**To do**:
Using the data below, return the stretch from the line that contains "and_left : (a" through the line that contains "(calls vars actions)", both included, exactly as it stands and nothing beyond it.

**The records**:
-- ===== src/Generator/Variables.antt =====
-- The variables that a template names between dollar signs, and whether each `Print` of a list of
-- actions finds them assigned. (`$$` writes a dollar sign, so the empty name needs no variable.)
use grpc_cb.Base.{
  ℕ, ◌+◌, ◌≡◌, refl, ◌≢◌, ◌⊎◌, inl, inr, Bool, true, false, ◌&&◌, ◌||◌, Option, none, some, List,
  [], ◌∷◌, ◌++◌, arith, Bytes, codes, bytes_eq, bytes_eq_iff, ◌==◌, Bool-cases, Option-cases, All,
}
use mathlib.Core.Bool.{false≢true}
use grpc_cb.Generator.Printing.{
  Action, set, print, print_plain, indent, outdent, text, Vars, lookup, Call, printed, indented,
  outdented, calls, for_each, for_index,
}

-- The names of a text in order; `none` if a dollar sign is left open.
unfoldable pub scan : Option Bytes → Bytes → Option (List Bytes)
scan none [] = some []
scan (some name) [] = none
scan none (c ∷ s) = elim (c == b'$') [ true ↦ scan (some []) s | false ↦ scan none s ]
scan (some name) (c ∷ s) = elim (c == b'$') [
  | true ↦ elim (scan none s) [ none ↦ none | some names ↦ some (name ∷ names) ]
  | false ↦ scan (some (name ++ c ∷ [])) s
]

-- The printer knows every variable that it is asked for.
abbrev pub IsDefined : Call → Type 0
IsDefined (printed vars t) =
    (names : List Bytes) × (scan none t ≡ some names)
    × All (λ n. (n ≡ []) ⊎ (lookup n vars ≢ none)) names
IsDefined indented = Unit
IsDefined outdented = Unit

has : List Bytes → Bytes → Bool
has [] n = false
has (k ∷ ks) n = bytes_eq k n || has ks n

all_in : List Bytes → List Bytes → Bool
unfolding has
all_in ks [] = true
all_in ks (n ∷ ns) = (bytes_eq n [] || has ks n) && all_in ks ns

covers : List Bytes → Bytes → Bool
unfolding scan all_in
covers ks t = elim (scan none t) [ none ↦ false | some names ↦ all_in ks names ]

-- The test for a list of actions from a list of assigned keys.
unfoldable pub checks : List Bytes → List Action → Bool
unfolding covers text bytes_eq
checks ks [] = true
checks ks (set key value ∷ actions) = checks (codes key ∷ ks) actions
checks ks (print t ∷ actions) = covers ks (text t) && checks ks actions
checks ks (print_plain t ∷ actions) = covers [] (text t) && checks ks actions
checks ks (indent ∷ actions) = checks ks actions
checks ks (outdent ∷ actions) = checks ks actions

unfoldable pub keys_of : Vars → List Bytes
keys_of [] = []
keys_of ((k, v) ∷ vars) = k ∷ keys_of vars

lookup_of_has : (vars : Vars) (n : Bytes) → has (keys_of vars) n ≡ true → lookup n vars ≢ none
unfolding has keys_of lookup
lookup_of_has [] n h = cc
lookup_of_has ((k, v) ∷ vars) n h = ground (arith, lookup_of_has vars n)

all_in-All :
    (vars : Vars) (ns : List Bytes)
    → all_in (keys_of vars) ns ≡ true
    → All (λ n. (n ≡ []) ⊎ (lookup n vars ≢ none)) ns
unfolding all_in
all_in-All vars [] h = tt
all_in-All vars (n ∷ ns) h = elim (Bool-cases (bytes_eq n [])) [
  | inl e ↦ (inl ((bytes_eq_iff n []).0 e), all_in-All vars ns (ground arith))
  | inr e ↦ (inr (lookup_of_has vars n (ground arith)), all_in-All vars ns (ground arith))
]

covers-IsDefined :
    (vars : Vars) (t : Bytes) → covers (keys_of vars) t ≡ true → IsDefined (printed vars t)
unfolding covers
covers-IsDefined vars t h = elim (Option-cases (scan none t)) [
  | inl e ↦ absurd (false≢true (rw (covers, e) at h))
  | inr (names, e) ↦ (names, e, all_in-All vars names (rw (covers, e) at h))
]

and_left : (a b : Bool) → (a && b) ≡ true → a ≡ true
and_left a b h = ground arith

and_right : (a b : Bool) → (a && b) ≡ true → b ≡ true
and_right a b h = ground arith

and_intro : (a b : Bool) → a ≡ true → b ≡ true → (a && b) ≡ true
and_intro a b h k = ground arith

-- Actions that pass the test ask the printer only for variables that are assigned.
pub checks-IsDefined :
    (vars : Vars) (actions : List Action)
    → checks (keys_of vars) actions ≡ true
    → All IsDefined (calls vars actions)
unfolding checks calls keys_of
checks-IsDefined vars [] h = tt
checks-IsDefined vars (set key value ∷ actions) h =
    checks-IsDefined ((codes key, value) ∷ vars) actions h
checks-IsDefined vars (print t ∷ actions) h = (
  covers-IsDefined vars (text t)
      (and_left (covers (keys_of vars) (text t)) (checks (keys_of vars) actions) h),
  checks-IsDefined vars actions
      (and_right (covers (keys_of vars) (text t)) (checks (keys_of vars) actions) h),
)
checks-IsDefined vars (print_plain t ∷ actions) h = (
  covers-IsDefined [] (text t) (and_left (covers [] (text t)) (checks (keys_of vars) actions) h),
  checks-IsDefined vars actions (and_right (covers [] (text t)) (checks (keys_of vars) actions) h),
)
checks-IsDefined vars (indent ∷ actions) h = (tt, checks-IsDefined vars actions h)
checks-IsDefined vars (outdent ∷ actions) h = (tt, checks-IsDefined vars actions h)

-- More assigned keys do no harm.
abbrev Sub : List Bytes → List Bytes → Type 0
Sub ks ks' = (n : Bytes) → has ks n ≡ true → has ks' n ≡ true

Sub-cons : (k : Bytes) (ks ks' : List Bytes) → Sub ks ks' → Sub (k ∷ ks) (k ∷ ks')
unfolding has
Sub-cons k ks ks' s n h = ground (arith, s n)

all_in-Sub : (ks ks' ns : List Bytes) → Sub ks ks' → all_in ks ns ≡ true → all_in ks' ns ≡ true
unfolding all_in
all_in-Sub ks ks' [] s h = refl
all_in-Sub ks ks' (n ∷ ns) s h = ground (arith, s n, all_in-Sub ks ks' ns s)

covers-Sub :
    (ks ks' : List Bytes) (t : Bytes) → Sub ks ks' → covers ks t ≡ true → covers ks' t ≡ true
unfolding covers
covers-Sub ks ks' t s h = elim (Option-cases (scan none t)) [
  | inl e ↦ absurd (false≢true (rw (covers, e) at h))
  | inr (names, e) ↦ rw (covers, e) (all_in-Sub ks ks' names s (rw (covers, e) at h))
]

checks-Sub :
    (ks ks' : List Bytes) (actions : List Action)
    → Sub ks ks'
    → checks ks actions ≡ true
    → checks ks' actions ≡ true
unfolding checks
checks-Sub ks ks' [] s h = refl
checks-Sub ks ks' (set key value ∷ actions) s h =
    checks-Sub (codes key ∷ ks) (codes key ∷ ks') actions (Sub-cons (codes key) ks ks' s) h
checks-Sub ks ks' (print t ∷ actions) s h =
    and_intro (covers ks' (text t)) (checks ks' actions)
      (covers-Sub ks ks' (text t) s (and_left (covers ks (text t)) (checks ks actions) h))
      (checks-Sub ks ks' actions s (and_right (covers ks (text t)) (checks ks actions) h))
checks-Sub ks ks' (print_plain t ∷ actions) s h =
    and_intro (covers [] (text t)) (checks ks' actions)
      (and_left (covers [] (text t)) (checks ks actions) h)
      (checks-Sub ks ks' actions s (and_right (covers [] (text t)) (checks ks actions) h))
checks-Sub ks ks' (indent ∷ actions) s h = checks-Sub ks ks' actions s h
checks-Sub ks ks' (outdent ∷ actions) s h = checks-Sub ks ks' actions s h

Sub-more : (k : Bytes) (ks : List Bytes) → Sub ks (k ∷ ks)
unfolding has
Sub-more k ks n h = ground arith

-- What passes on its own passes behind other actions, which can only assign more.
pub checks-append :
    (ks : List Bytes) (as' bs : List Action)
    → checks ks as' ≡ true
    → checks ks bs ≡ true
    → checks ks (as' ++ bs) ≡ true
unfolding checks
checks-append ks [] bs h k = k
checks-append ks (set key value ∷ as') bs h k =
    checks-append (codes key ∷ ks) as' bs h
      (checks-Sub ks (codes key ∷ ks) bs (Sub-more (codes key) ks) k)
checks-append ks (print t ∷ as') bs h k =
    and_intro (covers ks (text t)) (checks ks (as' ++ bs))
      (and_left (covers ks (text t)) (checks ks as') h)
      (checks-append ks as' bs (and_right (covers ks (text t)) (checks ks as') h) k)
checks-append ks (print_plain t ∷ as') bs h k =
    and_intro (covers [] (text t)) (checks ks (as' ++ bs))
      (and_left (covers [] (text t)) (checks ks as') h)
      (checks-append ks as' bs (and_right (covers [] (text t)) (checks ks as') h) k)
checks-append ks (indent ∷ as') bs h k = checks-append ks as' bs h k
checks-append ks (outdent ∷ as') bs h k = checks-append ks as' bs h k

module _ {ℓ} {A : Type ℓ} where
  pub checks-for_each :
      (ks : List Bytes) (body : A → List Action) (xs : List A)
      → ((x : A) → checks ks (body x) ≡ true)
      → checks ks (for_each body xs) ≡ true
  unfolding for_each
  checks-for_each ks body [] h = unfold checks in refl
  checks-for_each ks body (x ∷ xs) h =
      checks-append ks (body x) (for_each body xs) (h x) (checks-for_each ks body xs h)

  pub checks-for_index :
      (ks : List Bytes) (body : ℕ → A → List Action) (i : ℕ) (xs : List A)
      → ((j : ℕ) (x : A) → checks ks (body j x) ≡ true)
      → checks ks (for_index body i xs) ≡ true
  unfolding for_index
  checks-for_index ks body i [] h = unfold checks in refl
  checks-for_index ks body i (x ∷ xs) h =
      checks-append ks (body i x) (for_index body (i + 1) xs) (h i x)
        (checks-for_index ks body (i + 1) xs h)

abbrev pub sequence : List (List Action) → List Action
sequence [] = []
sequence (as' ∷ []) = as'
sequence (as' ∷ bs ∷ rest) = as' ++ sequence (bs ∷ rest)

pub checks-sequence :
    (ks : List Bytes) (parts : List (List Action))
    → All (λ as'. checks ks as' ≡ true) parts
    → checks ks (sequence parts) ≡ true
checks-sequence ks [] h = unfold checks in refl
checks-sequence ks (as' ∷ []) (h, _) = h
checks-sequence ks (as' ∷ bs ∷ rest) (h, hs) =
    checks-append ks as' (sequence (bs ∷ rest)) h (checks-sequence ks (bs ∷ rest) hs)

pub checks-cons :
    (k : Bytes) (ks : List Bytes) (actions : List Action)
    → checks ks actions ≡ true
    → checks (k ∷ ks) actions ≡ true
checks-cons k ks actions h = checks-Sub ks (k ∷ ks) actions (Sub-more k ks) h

**Exercise output**:
and_left : (a b : Bool) → (a && b) ≡ true → a ≡ true
and_left a b h = ground arith

and_right : (a b : Bool) → (a && b) ≡ true → b ≡ true
and_right a b h = ground arith

and_intro : (a b : Bool) → a ≡ true → b ≡ true → (a && b) ≡ true
and_intro a b h k = ground arith

-- Actions that pass the test ask the printer only for variables that are assigned.
pub checks-IsDefined :
    (vars : Vars) (actions : List Action)
    → checks (keys_of vars) actions ≡ true
    → All IsDefined (calls vars actions)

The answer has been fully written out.